Will you quote precisely the lines that run from the top of the material below to the line containing "call one step.", both ends included?

++++ Available data

-- ===== src/Lib.antt =====
-- A model of dcc-mcp-obs: the control bridge between an MCP server and OBS Studio,
-- src/dcc_mcp_obs/bridge.py, the transport that it sends through, src/dcc_mcp_obs/protocol.py, and the
-- parts around them: server.py, config.py, dispatcher.py and deadline.py of src/dcc_mcp_obs.
--
-- An `ObsControlBridge` sends vendor requests to a plugin in OBS, one at a time, and checks each
-- response: its identity, its event sequence, and its shape by the request type. A mutation is one
-- request that OBS acknowledges, followed by readbacks until one shows the state that was asked for.
-- An `ObsWebSocketTransport` carries a vendor request: it opens a WebSocket and introduces itself
-- where there is none, sends one frame, and reads frames until the answer comes. Its errors carry codes,
-- which the bridge passes on where they are public. `start_server` and `stop_server` keep the one adapter of an
-- interpreter, and the dispatcher sets the deadline that a bridge reads when it is made.
--
-- Value, Value/*: Python's objects as the code sees them (None, bool, int, float as its IEEE bit
--   pattern, str, list, dict with text keys), its tests on them (`isinstance`, `type(v) is`, set
--   membership, `math.isfinite`), with the exceptions of Python's own that these tests can raise, its
--   `==` (Value/Equal), its texts (Value/Text), and how `json.loads` ends (Value/Json).
-- Result, Exec: the results of fallible code, and actions on a state (a state monad with errors, in
--   which the state is kept when an action fails).
-- Bridge/Host: what the bridge calls: the clock, the sleeper, the transport it is given
--   (`VendorTransport.vendor_request`), and functions of Python's standard library. Their answers are a
--   function of all that has happened before, so that the theorems hold for every OBS and every clock.
-- Bridge/Constants, Identity, Settings, Frame: the constants, `_public_error_code`, `_parse_identity`,
--   `_parse_event_sequence`, the typed settings, and `_decode_program_frame`.
-- Bridge/Open: `ObsControlBridge.__init__`.
-- Bridge/Request, Accept, Session: `_request`, the tests of `_checked` on a response, the state of the
--   bridge, `_checked`, `_operation_deadline` and `_poll`. `_request_lock` makes a `_checked` call one step.
-- Bridge/Validate, Validate/*: `_validate_read_only_response`, a function for each branch.
-- Bridge/Reconcile: the loop that the mutations share (`_mutate_and_reconcile` and those like it).
-- Bridge/Controls/*: the public methods, by domain; Controls/Arguments has `_require_name`,
--   `_require_item_id` and `_select_exact_name`, Controls/Windows/Matching the candidates of a window,
--   Controls/RecordingPlan `_normalize_scene_recording_plan`.
-- Bridge/Calls: the public methods as data, and sequences of them (Calls/Script).
-- Bridge/Published, Sound, Session/Effects, Reconcile/Trace, Reconcile/First, Reconcile/Once,
--   Reconcile/Live, Open/Bound, Calls/Answers, Calls/Sends, Controls/Exact, Controls/Recording/Ends,
--   Controls/RecordingPlan/Distinct, Controls/AgentInput/Keys: what is proved of these.
-- Bridge/Tests: a small OBS, runs against it, and the theorems at concrete inputs.
-- Transport/Wire: the steps of the transport, over a peer whose answers are a function of all that has
--   happened before, and which may raise `TimeoutError` or another exception at any call. Transport/Deadline,
--   Requests, Frames, Handshake, Vendor: `_remaining` and `_within_deadline`; the tables of requests;
--   `_read_json` and `_send_json`; `_ensure_connected` and `_authentication`; `vendor_request`,
--   `_receive_response`, `_disconnect_locked` and `close`. Transport/Quiet, Steps, Asking, Once, Codes,
--   Reads, Reads/*: what is proved of them.
-- Server: `ObsMcpServer.stop`, `has_server`, `start_server` and `stop_server` of server.py, over adapters
--   whose calls may raise; the adapter that a failed constructor carries away in
--   `AdapterConstructionError` is not the interpreter's. Server/Owned: what is proved of them.
-- Config: `ObsEndpointConfig.from_environment` and `public_summary` of config.py. Config/Secret,
--   Bounds.
-- Dispatcher: `dispatch_callable` of dispatcher.py in a `deadline_scope` of deadline.py. Dispatcher/Scope.
--
-- Times are natural numbers of a tick. The walk over PNG chunks has a budget of 128, which is the
-- source's own bound on `chunk_count`. The rounds of `_recording_mutation` have `deadline + 1` as fuel:
-- each round that goes on sleeps for a tick at least and begins before the deadline. The frames read for
-- one response are 65, which is the source's own `MAX_INTERLEAVED_EVENTS + 1`. The order in which
-- Python visits a set, on which it depends which of two errors is raised first, is fixed in the model.
-- A published code is one of `PUBLIC_DOWNSTREAM_ERRORS` or of the five that the bridge adds; an allowed
-- error has such a code or is an exception of Python's own that the code lets escape: TypeError,
-- AttributeError or OverflowError where a response has a list or an object in a set membership, an entry
-- without `get`, or a huge int; ValueError or RecursionError where the JSON text of the presentation rows
-- has an int of too many digits or is nested too deeply; ValueError or RuntimeError where the path of a logo
-- has a null character or no home. The lock of the transport and `math.isfinite` raise OverflowError for a
-- deadline too far ahead or too large for a float, outside of the handlers of `vendor_request`.
--
-- Not modelled: the interleaving of threads (each lock makes what it guards one step), the constructor of
-- `ObsMcpServer` and `main`, which are calls of dcc_mcp_core and waits for signals, process.py and
-- shared_runtime.py, which ask the operating system about processes, and the installers, the acceptance
-- runs, the command line and the build tools, which are files and processes.
pub mod Base
pub mod Value
pub mod Result
pub mod Exec
pub mod Bridge
pub mod Transport
pub mod Server
pub mod Config
pub mod Dispatcher
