-- ===== src/Base/Lists.antt =====
-- Lists measured by native numbers, and membership of texts in a fixed set.
use Prim.Native.Nat.{ℕ, zero, suc, ◌+◌}
use Prim.Native.String.{String}
use mathlib.Core.Path.{◌≡◌, refl}
use mathlib.Core.Logic.{inl, inr}
use text.Mathlib.TextEquality.{eq_iff}
use dcc_mcp_obs.Base.Tests.{Bool-cases}
use mathlib.Core.Bool.{Bool, true, false, ◌||◌, ◌&&◌}
use mathlib.Core.List.{List, [], ◌∷◌, ◌++◌}
use native.Mathlib.Omega.{arith}
use text.Mathlib.Text.{◌==◌}

module _ {ℓ} {A : Type ℓ} where
  abbrev pub length : List A → ℕ
  length [] = 0
  length (x ∷ xs) = suc (length xs)

  abbrev pub take : ℕ → List A → List A
  take zero xs = []
  take (suc n) [] = []
  take (suc n) (x ∷ xs) = x ∷ take n xs

  abbrev pub drop : ℕ → List A → List A
  drop zero xs = xs
  drop (suc n) [] = []
  drop (suc n) (x ∷ xs) = drop n xs

  abbrev pub replicate : ℕ → A → List A
  replicate zero a = []
  replicate (suc n) a = a ∷ replicate n a

  abbrev pub all : (A → Bool) → List A → Bool
  all p [] = true
  all p (x ∷ xs) = p x && all p xs

  pub length-append : (xs ys : List A) → length (xs ++ ys) ≡ length xs + length ys
  length-append [] ys = omega arith
  length-append (x ∷ xs) ys = omega (arith, length-append xs ys)

-- `s in {…}` for a set of texts
abbrev pub mem_text : List String → String → Bool
mem_text [] s = false
mem_text (t ∷ ts) s = s == t || mem_text ts s

pub both : (b c : Bool) → (b && c) ≡ true → (b ≡ true) × (c ≡ true)
both true c h = (refl, h)
both false c h = cc

pub all-mem :
    (p : String → Bool) (ts : List String) (c : String)
    → all p ts ≡ true
    → mem_text ts c ≡ true
    → p c ≡ true
all-mem p [] c every m = cc
all-mem p (t ∷ ts) c every m =
    let (here, later) = both (p t) (all p ts) every in
    elim (Bool-cases (c == t)) [
      | inl e ↦ rw ((eq_iff c t).0 e) here
      | inr e ↦ all-mem p ts c later (rw e at m)
    ]
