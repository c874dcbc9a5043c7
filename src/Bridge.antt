-- ===== src/Bridge.antt =====
-- The bridge of src/dcc_mcp_obs/bridge.py.
pub mod Constants
pub mod Host
pub mod Identity
pub mod Request
pub mod Settings
pub mod Frame
pub mod Validate
pub mod Accept
pub mod Session
pub mod Open
pub mod Reconcile
pub mod Published
pub mod Sound
pub mod Controls
pub mod Calls
pub mod Tests
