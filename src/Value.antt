-- ===== src/Value.antt =====
-- The Python objects that JSON decoding yields, which the bridge receives and sends:
-- src/dcc_mcp_obs/bridge.py and src/dcc_mcp_obs/protocol.py work on nothing else.
pub mod Dict
pub mod Check
pub mod Float
pub mod Equal
pub mod Text
pub mod Json
use dcc_mcp_obs.Base.{ℕ, String, Bool, List, [], ◌∷◌}

-- Python's unbounded `int`; `negsuc n` is -(n + 1).
pub data ℤ : Type 0 where
  pos : ℕ → ℤ
  negsuc : ℕ → ℤ

-- A `float` is its IEEE 754 binary64 bit pattern, a number below 2^64.
mutual
  -- the entries of a dict, in their order
  pub data Fields : Type 0 where
    field : String → Value → Fields → Fields
    end : Fields

  -- the entries of a list
  pub data Items : Type 0 where
    cons : Value → Items → Items
    nil : Items

  pub data Value : Type 0 where
    str : String → Value
    int : ℤ → Value
    float : ℕ → Value
    bool : Bool → Value
    null : Value
    dict : Fields → Value
    list : Items → Value

unfoldable pub elements : Items → List Value
elements nil = []
elements (cons v vs) = v ∷ elements vs
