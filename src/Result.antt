-- ===== src/Result.antt =====
-- Exceptions as values, and code that only computes and may raise.
pub mod Fails
pub mod Yields
use dcc_mcp_obs.Base.{String, ◌≡◌, refl}

-- `bridge_error c` is `BridgeError(c)`; the others are the exceptions of Python itself that the
-- code can let escape: an unhashable value looked up in a set, an attribute of the wrong type,
-- an int too large for a float or of too
-- many digits, a path without a home, a text nested too deeply.
pub data Error : Type 0 where
  bridge_error : String → Error
  type_error attribute_error overflow_error value_error runtime_error recursion_error : Error
  -- no exception of the program: a loop of the model has used up its fuel
  out_of_fuel : Error

-- what was raised, or what was returned
pub data Result {ℓ} (A : Type ℓ) : Type ℓ where
  err : Error → Result A
  ok : A → Result A

module _ {ℓ κ} {A : Type ℓ} {B : Type κ} where
  infixl 5 ◌>>=◌
  abbrev pub ◌>>=◌ : Result A → (A → Result B) → Result B
  err raised >>= next = err raised
  ok value >>= next = next value

  -- a chain that returns has returned at its first link
  pub >>=-eq-ok :
      (first : Result A) (next : A → Result B) {b : B}
      → (first >>= next) ≡ ok b
      → (value : A) × (first ≡ ok value) × (next value ≡ ok b)
  >>=-eq-ok (err raised) next returns = cc
  >>=-eq-ok (ok value) next returns = (value, refl, returns)

infixl 5 ◌>>◌
-- a test, and what is computed if it passes
abbrev pub ◌>>◌ {ℓ} : {A : Type ℓ} → Result (Unit {0}) → Result A → Result A
test >> rest = test >>= λ passed. rest
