-- ===== src/Value/Float.antt =====
-- The IEEE 754 tests that the code makes on a `float`, read off its bit pattern, and the range of
-- the `int`s that convert to a `float`.
use dcc_mcp_obs.Base.{ℕ, ◌-◌, ◌%◌, ◌^◌, Bool, ◌||◌, ltb, leb, nat_eq}

-- math.isfinite: the exponent is not all ones
unfoldable pub is_finite : ℕ → Bool
is_finite bits = ltb (bits % 2 ^ 63) 0x7ff0000000000000

-- |x| <= the float whose bits are `limit`; false of a NaN
unfoldable pub magnitude_at_most : ℕ → ℕ → Bool
magnitude_at_most limit bits = leb (bits % 2 ^ 63) limit

-- 0 <= x <= the float whose bits are `limit`: no sign bit, or the negative zero
unfoldable pub float_from_zero : ℕ → ℕ → Bool
float_from_zero limit bits = leb bits limit || nat_eq bits (2 ^ 63)

-- the magnitudes that round to 2^1024, at which `float(n)` raises OverflowError
unfoldable pub int_too_large : ℕ → Bool
int_too_large n = leb (2 ^ 1024 - 2 ^ 970) n
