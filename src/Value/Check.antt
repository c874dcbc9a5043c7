-- ===== src/Value/Check.antt =====
-- The tests on values from which the code builds its checks. A condition `A or B or …` that raises
-- one exception is the chain of the negated tests, each raising it: `need (not A); need (not B); …`.
use dcc_mcp_obs.Base.{
  ℕ, suc, String, count, ◌==◌, eq_iff, ap, ◌≡◌, arith, Bool, true, false, not, List, [], leb,
  between, mem_text, if◌then◌else◌,
}
use dcc_mcp_obs.Value.{pos, negsuc, Value, null, bool, int, float, str, list, dict, elements}
use dcc_mcp_obs.Result.{bridge_error, type_error, overflow_error, Result, ok, err}
use dcc_mcp_obs.Value.Float.{is_finite, int_too_large}

-- v is True
unfoldable pub is_true : Value → Bool
is_true (bool b) = b
is_true _ = false

-- v is False
unfoldable pub is_false : Value → Bool
is_false (bool b) = not b
is_false _ = false

-- v is b, for a bool b
unfoldable pub is_bool : Bool → Value → Bool
is_bool true v = is_true v
is_bool false v = is_false v

-- type(v) is bool
unfoldable pub bool_type : Value → Bool
bool_type (bool b) = true
bool_type _ = false

-- v is None
unfoldable pub is_null : Value → Bool
is_null null = true
is_null _ = false

-- isinstance(v, str)
unfoldable pub text_type : Value → Bool
text_type (str s) = true
text_type _ = false

-- isinstance(v, str) and lo <= len(v) <= hi; `len` counts code points
unfoldable pub text_between : ℕ → ℕ → Value → Bool
text_between lo hi (str s) = between lo hi (count s)
text_between lo hi _ = false

-- v == s, for a text s
unfoldable pub equals_text : String → Value → Bool
equals_text s (str t) = t == s
equals_text s _ = false

pub equals_text-str : (s : String) (v : Value) → equals_text s v ≡ true → v ≡ str s
unfolding equals_text
equals_text-str s (str t) h = ap str ((eq_iff t s).0 h)
equals_text-str s null h = cc
equals_text-str s (bool b) h = cc
equals_text-str s (int n) h = cc
equals_text-str s (float x) h = cc
equals_text-str s (list l) h = cc
equals_text-str s (dict d) h = cc

-- type(v) is int
unfoldable pub int_type : Value → Bool
int_type (int n) = true
int_type _ = false

-- type(v) is int and lo <= v
unfoldable pub int_from : ℕ → Value → Bool
int_from lo (int (pos n)) = leb lo n
int_from lo _ = false

-- type(v) is int and lo <= v <= hi
unfoldable pub int_between : ℕ → ℕ → Value → Bool
int_between lo hi (int (pos n)) = between lo hi n
int_between lo hi _ = false

-- isinstance(v, list)
unfoldable pub list_type : Value → Bool
list_type (list vs) = true
list_type _ = false

-- isinstance(v, dict), isinstance(v, Mapping)
unfoldable pub dict_type : Value → Bool
dict_type (dict d) = true
dict_type _ = false

-- the elements of a list, none of another value
unfoldable pub items_of : Value → List Value
unfolding elements
items_of (list vs) = elements vs
items_of _ = []

-- `raise BridgeError(c)` if the condition does not hold
unfoldable pub need : String → Bool → Result (Unit {0})
need c true = ok tt
need c false = err (bridge_error c)

pub need-eq-ok : (c : String) (b : Bool) {u : Unit {0}} → need c b ≡ ok u → b ≡ true
unfolding need
need-eq-ok c b h = ground arith

-- `v in {…}`: a list and a dict are unhashable
unfoldable pub hashable : Value → Bool
hashable (list vs) = false
hashable (dict d) = false
hashable _ = true

unfoldable pub in_texts : List String → Value → Bool
in_texts ts (str s) = mem_text ts s
in_texts ts _ = false

-- `if v not in {…}: raise BridgeError(c)`
unfoldable pub need_member : String → List String → Value → Result (Unit {0})
unfolding need hashable in_texts
need_member c ts v = if hashable v then need c (in_texts ts v) else err type_error

-- math.isfinite(v) and math.isfinite(float(v)) of a number
unfoldable pub number_finite : Value → Result Bool
unfolding is_finite int_too_large
number_finite (float bits) = ok (is_finite bits)
number_finite (int (pos n)) = if int_too_large n then err overflow_error else ok true
number_finite (int (negsuc n)) = if int_too_large (suc n) then err overflow_error else ok true
number_finite _ = ok false

-- type(v) in (int, float)
unfoldable pub number_type : Value → Bool
number_type (int n) = true
number_type (float bits) = true
number_type _ = false
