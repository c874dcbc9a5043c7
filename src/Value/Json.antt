-- ===== src/Value/Json.antt =====
-- How `json.loads` ends.
use dcc_mcp_obs.Value.{Value}

pub data Loaded : Type 0 where
  loaded : Value → Loaded
  -- JSONDecodeError
  not_json : Loaded
  -- ValueError, of an int with too many digits
  long_number : Loaded
  -- RecursionError
  deep_nesting : Loaded
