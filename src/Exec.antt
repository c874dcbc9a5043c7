-- ===== src/Exec.antt =====
-- Methods that read and write an object and may raise.
use dcc_mcp_obs.Base.{String, Bool, true, false}
use dcc_mcp_obs.Result.{Error, bridge_error, Result, ok, err}

-- A raise undoes nothing: the object is returned as it is then, with the error.
abbrev pub Exec {ℓ} : Type ℓ → Type ℓ → Type ℓ
Exec S A = (before : S) → Result A × S

module _ {S : Type 0} where
  -- `if not test: raise BridgeError(code)`
  unfoldable pub guard : Bool → String → Exec S (Unit {0})
  guard false code object = (err (bridge_error code), object)
  guard true code object = (ok tt, object)

  unfoldable pub modify : (S → S) → Exec S (Unit {0})
  modify write object = (ok tt, write object)

module _ {ℓ} {S A : Type ℓ} where
  unfoldable pub gets : (S → A) → Exec S A
  gets read object = (ok (read object), object)

  unfoldable pub lift : Result A → Exec S A
  lift result object = (result, object)

  unfoldable pub raise : Error → Exec S A
  raise error object = (err error, object)

  unfoldable pub pure : A → Exec S A
  pure value object = (ok value, object)

module _ {ℓ} {S A B : Type ℓ} where
  abbrev proceed : Result A → (A → Exec S B) → Exec S B
  proceed (err error) next object = (err error, object)
  proceed (ok value) next object = next value object

  infixl 5 ◌>>=◌ ◌>>◌
  -- whoever opens the sequence opens the single actions
  unfoldable pub ◌>>=◌ : Exec S A → (A → Exec S B) → Exec S B
  unfolding guard modify gets lift raise pure
  ◌>>=◌ first next object = let (result, after) = first object in proceed result next after

  abbrev pub ◌>>◌ : Exec S A → Exec S B → Exec S B
  first >> rest = first >>= λ done. rest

++++++++

Exercise response
-- ===== src/Lib.antt =====
-- A model of dcc-mcp-obs: the control bridge between an MCP server and OBS Studio,
-- src/dcc_mcp_obs/bridge.py, the transport that it sends through, src/dcc_mcp_obs/protocol.py, and the
-- parts around them: server.py, config.py, dispatcher.py and deadline.py of src/dcc_mcp_obs.
--
-- An `ObsControlBridge` sends vendor requests to a plugin in OBS, one at a time, and checks each
-- response: its identity, its event sequence, and its shape by the request type. A mutation is one
-- request that OBS acknowledges, followed by readbacks until one shows the state that was asked for.
-- An `ObsWebSocketTransport` carries a vendor request: it opens a WebSocket and introduces itself
-- where there is none, sends one frame, and reads frames until the answer comes. Its errors carry codes,
-- which the bridge passes on where they are public. `start_server` and `stop_server` keep the one adapter of an
-- interpreter, and the dispatcher sets the deadline that a bridge reads when it is made.
--
-- Value, Value/*: Python's objects as the code sees them (None, bool, int, float as its IEEE bit
--   pattern, str, list, dict with text keys), its tests on them (`isinstance`, `type(v) is`, set
--   membership, `math.isfinite`), with the exceptions of Python's own that these tests can raise, its
--   `==` (Value/Equal), its texts (Value/Text), and how `json.loads` ends (Value/Json).
-- Result, Exec: the results of fallible code, and actions on a state (a state monad with errors, in
--   which the state is kept when an action fails).
-- Bridge/Host: what the bridge calls: the clock, the sleeper, the transport it is given
--   (`VendorTransport.vendor_request`), and functions of Python's standard library. Their answers are a
--   function of all that has happened before, so that the theorems hold for every OBS and every clock.
-- Bridge/Constants, Identity, Settings, Frame: the constants, `_public_error_code`, `_parse_identity`,
--   `_parse_event_sequence`, the typed settings, and `_decode_program_frame`.
-- Bridge/Open: `ObsControlBridge.__init__`.
-- Bridge/Request, Accept, Session: `_request`, the tests of `_checked` on a response, the state of the
--   bridge, `_checked`, `_operation_deadline` and `_poll`. `_request_lock` makes a `_checked` call one step.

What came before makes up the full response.